I’ve been a bit inactive of late, a combination of getting a new machine learning computer and work. Still, it’s given me time have a rethink about my approach to generating new Grateful Dead audio.
I have two new approaches I want to try out this year. You could say one of them has already been done – that is, someone has already generated “fake Grateful Dead” audio, and you’ve listened to it and accepted it as the real thing for years!
Filling In The Gaps
Some older shows recorded on digital (typically early 80’s shows) can suffer from digi-noise, that is, pops and hiccups caused by the tape simply being a little old and losing some of it’s digital information. for a (really bad) example of this, see https://archive.org/details/gd1981-09-25.sbd.miller.88822.sbeok.flac16 (and check out the weird split Sugar Mag if you can get past the sound issues).
Not all tapes are this bad, and in fact in most cases when this happens someone like Charlie Miller will cover up the noise with some editing. But think about that sentence again: “cover up the noise with some editing”, hey that sounds like putting in fake audio. You have a piece of music with a discontinuity, and you have to fill it with something that sounds nicer and sounds like the GD, right?
Well, almost. Look at a typical sample of digi-noise:

This digi-noise would be pretty loud compared with the rest of the audio (which is why we want to hide it). However, if we zoom in:

We can see that in fact the time for this audio event is from ~3.0195s to 3.0226, i.e. 0.0031s. That’s just 3/100’s of a second, which is probably easy enough to fix in a studio.
But this problem is ideal for generating new GD audio. Up to now, my effort has been to “teach” the computer by feeding it a large amount of GD, and then asking it to make some original audio. The problem with this approach is that the test is very difficult for the computer. If I first asked you to read every single Stephen King novel and then tasked you with writing a new paragraph in the same style, you would find that difficult. If however I asked you to start by filling in a missing word, well that would be a lot easier. Or if that was too much, start with a single letter.
And that, in a nutshell, is the new approach. Instead of asking the computer to generate new audio from scratch, we instead ask it to fill in the missing audio. At first this will be someting like 3/100ths of a second. When that works, I simply ask it to fill it larger and larger gaps.
This approach has been tried for images, and the results are pretty good.

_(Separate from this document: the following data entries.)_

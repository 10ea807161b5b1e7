-- ===== src/Fetch/Body/Bounded.antt =====
-- A body is never empty and never above the limit.
use daily_firehose.Common.{
  ℕ, ◌≤◌, ◌<◌, ◌≡◌, refl, ap, Bool, true, false, List, [], ◌∷◌, ◌++◌, length, ltb, any, not, str_eq,
  Bool-cases, inl, inr, arith, ok, err, if◌then◌else◌,
}
use daily_firehose.Fetch.Wire.{StreamEvent, chunk, broken, Response, Net, Env, Call, ◌>>=◌}
use daily_firehose.Fetch.Wire.Laws.{Fails, RaisesUnicode, >>=-Fails, >>=-sent, >>=-eq-ok}
use daily_firehose.Fetch.Target.{check_deadline, lift}
use daily_firehose.Fetch.Target.Allowed.{check_deadline-sent}
use daily_firehose.Fetch.Target.Explained.{check_deadline-Fails}
use daily_firehose.Fetch.Body.{
  classify_stream_error, is_over, too_large, encodings, validate_content_encoding, content_length,
  check_length, read_chunks, nonempty, read_bounded,
}

module _ {W : Type 0} (env : Env W) (max_bytes deadline : ℕ) where
  abbrev next_chunk : List StreamEvent → List ℕ → Call W (List ℕ)
  next_chunk rest received =
      if ltb max_bytes (length received)
      then lift env (err too_large)
      else read_chunks env max_bytes deadline rest received

  read_chunks-length :
      (events : List StreamEvent) (received : List ℕ) (s s' : Net W) {content : List ℕ}
      → length received ≤ max_bytes
      → read_chunks env max_bytes deadline events received s ≡ (ok content, s')
      → length content ≤ max_bytes
  unfolding read_chunks
  read_chunks-length [] received s s' {content} h e = ground (arith, h, e)
  read_chunks-length (broken tls timeout ∷ rest) received s s' {content} h e = cc
  read_chunks-length (chunk bytes ∷ rest) received s s' {content} h e =
      let (u, t, q, k) =
        >>=-eq-ok (check_deadline env deadline) (λ _. next_chunk rest (received ++ bytes)) s e in
      let joined = received ++ bytes in
      elim (Bool-cases (ltb max_bytes (length joined))) [
        | inl over ↦ ground (arith, over, k)
        | inr within ↦
            let more : read_chunks env max_bytes deadline rest joined t ≡ (ok content, s') =
              ground (arith, within, k) in
            let fits : length joined ≤ max_bytes = ground (arith, within) in
            read_chunks-length rest joined t s' fits more
      ]

  nonempty-length :
      (content : List ℕ) {body : List ℕ}
      → nonempty env content ≡ ok body
      → (body ≡ content) × (0 < length body)
  nonempty-length [] h = cc
  nonempty-length (b ∷ rest) h = ground (arith, h)

  -- the steps after each of the four checks
  abbrev close : List ℕ → Call W (List ℕ)
  close content = lift env (nonempty env content)

  abbrev read : Response → Unit {0} → Call W (List ℕ)
  read r u = read_chunks env max_bytes deadline r.stream [] >>= close

  abbrev timed : Response → Unit {0} → Call W (List ℕ)
  timed r u = check_deadline env deadline >>= read r

  abbrev sized : Response → Unit {0} → Call W (List ℕ)
  sized r u = lift env (check_length env max_bytes r) >>= timed r

  -- A body that is read has at least one byte and at most `max_bytes`.
  pub read_bounded-length :
      (r : Response) (s s' : Net W) {body : List ℕ}
      → read_bounded env max_bytes deadline r s ≡ (ok body, s')
      → (0 < length body) × (length body ≤ max_bytes)
  unfolding read_bounded
  read_bounded-length r s s' {body} h =
      let (u1, s1, q1, k1) = >>=-eq-ok (lift env (validate_content_encoding env r)) (sized r) s h in
      let (u2, s2, q2, k2) = >>=-eq-ok (lift env (check_length env max_bytes r)) (timed r) s1 k1 in
      let (u3, s3, q3, k3) = >>=-eq-ok (check_deadline env deadline) (read r) s2 k2 in
      let (content, s4, q4, k4) =
        >>=-eq-ok (read_chunks env max_bytes deadline r.stream []) close s3 k3 in
      let (same, positive) = nonempty-length content (ap (λ x. x.0) k4) in
      let bound = read_chunks-length r.stream [] s3 s4 (omega arith) q4 in (positive, rw same bound)

  read_chunks-sent :
      (events : List StreamEvent) (received : List ℕ) (s : Net W)
      → (read_chunks env max_bytes deadline events received s).1.sent ≡ s.sent
  unfolding read_chunks
  read_chunks-sent [] received s = refl
  read_chunks-sent (broken tls timeout ∷ rest) received s = refl
  read_chunks-sent (chunk bytes ∷ rest) received s =
      let joined = received ++ bytes in
      >>=-sent (check_deadline env deadline) (λ u. next_chunk rest joined)
        (check_deadline-sent env deadline)
        (λ u t. elim (Bool-cases (ltb max_bytes (length joined))) [
          | inl over ↦ rw over refl
          | inr within ↦ rw within (read_chunks-sent rest joined t)
        ])
        s

  pub read_bounded-sent :
      (r : Response) (s : Net W) → (read_bounded env max_bytes deadline r s).1.sent ≡ s.sent
  unfolding read_bounded
  read_bounded-sent r s =
      >>=-sent (lift env (validate_content_encoding env r)) (sized r) (λ t. refl)
        (λ u.
          >>=-sent (lift env (check_length env max_bytes r)) (timed r) (λ t. refl)
            (λ u.
              >>=-sent (check_deadline env deadline) (read r) (check_deadline-sent env deadline)
                (λ u.
                  >>=-sent (read_chunks env max_bytes deadline r.stream []) close
                    (read_chunks-sent r.stream []) (λ a t. refl))))
        s

  broken-Fails :
      (tls timeout : Bool)
      → Fails {A = List ℕ} (RaisesUnicode env) (err (classify_stream_error tls timeout))
  broken-Fails true timeout = (refl, refl)
  broken-Fails false true = (refl, refl)
  broken-Fails false false = (refl, refl)

  read_chunks-Fails :
      (events : List StreamEvent) (received : List ℕ) (s : Net W)
      → Fails (RaisesUnicode env) (read_chunks env max_bytes deadline events received s).0
  unfolding read_chunks
  read_chunks-Fails [] received s = tt
  read_chunks-Fails (broken tls timeout ∷ rest) received s = broken-Fails tls timeout
  read_chunks-Fails (chunk bytes ∷ rest) received s =
      let joined = received ++ bytes in
      >>=-Fails env (check_deadline env deadline) (λ u. next_chunk rest joined)
        (check_deadline-Fails env deadline)
        (λ u t. elim (Bool-cases (ltb max_bytes (length joined))) [
          | inl over ↦ rw over (refl, refl)
          | inr within ↦ rw within (read_chunks-Fails rest joined t)
        ])
        s

  encoding-Fails : (r : Response) → Fails (RaisesUnicode env) (validate_content_encoding env r)
  unfolding validate_content_encoding
  encoding-Fails r = elim (Bool-cases (any (λ e. not (str_eq e "identity")) (encodings env r))) [
    | inl q ↦ rw q (refl, refl)
    | inr q ↦ rw q tt
  ]

  length-Fails : (r : Response) → Fails (RaisesUnicode env) (check_length env max_bytes r)
  unfolding check_length
  length-Fails r = elim (Bool-cases (is_over max_bytes (content_length env r))) [
    | inl q ↦ rw q (refl, refl)
    | inr q ↦ rw q tt
  ]

  nonempty-Fails : (content : List ℕ) → Fails (RaisesUnicode env) (nonempty env content)
  nonempty-Fails [] = (refl, refl)
  nonempty-Fails (b ∷ rest) = tt

  pub read_bounded-Fails :
      (r : Response) (s : Net W)
      → Fails (RaisesUnicode env) (read_bounded env max_bytes deadline r s).0
  unfolding read_bounded
  read_bounded-Fails r s =
      >>=-Fails env (lift env (validate_content_encoding env r)) (sized r) (λ t. encoding-Fails r)
        (λ u.
          >>=-Fails env (lift env (check_length env max_bytes r)) (timed r) (λ t. length-Fails r)
            (λ u.
              >>=-Fails env (check_deadline env deadline) (read r)
                (check_deadline-Fails env deadline)
                (λ u.
                  >>=-Fails env (read_chunks env max_bytes deadline r.stream []) close
                    (read_chunks-Fails r.stream []) (λ a t. nonempty-Fails a))))
        s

As you can see, the computer is able to generate many images to fill in the blank space.
Style Transfer
The second thing I shall try this year is a “style-transfer” with GD audio. These are best explained with images. Example: I have some photos. I also have digital copies of many paintings. I train the computer to recognise the style of the painter and “transfer” my image into the style of the painter.

So what styles are there in GD audio? Of all the tapes I have ever listened to, they are almost always one of two styles: audience or soundboard. So I will train the computer to tell the difference between them, and then ask it to output the audience audio into the style of a soundboard. I hasten to add that quite a few people prefer audience tapes (especially with the somewhat dry soundboard tapes of the early 80s), and that the style could easily go the other way.
Time Dependency
This last point is a technical issue, but one which could offer easily the best results.
So, a sound file is – to the computer – a linear series of numbers (each number being the volume at a given point in time).
What we are really asking the machine to do is to continue generating a series of new numbers based on the numbers so far.
But think how you might do this. To accurately guess what comes next, we work on a number of differing timescales. Note in the scale? Chord in the sequence? Verse to be sung? Is it a Bobby number next? All my attempts so far have been really concentrating on the “next note”, because music generates a lot of audio and so we only want to really check the local time area otherwise our computation gets really slow. In effect, to generate the next second of music, my code so far only looks at the previous 2-4 seconds. But to produce longer samples, we will need the computer to understand a lot more about the structure of the song.
I don’t want to get super-technical here, but Google researchers have a partial solution to this, which they used for creating realistic human voices (paper here: https://arxiv.org/abs/1609.03499).
It essentially means my software will be able to take inferences from a much much larger area of the song. Generating a longer section of audio might not get any quicker but no longer will the computer have the memory of a goldfish. I’m really interested in this approach because it’s been tried and tested. Here, for example, is a section of music generated by a computer that has been trained on piano recitals.
My point being: If it can be done with piano recitals, it can be done with the Grateful Dead.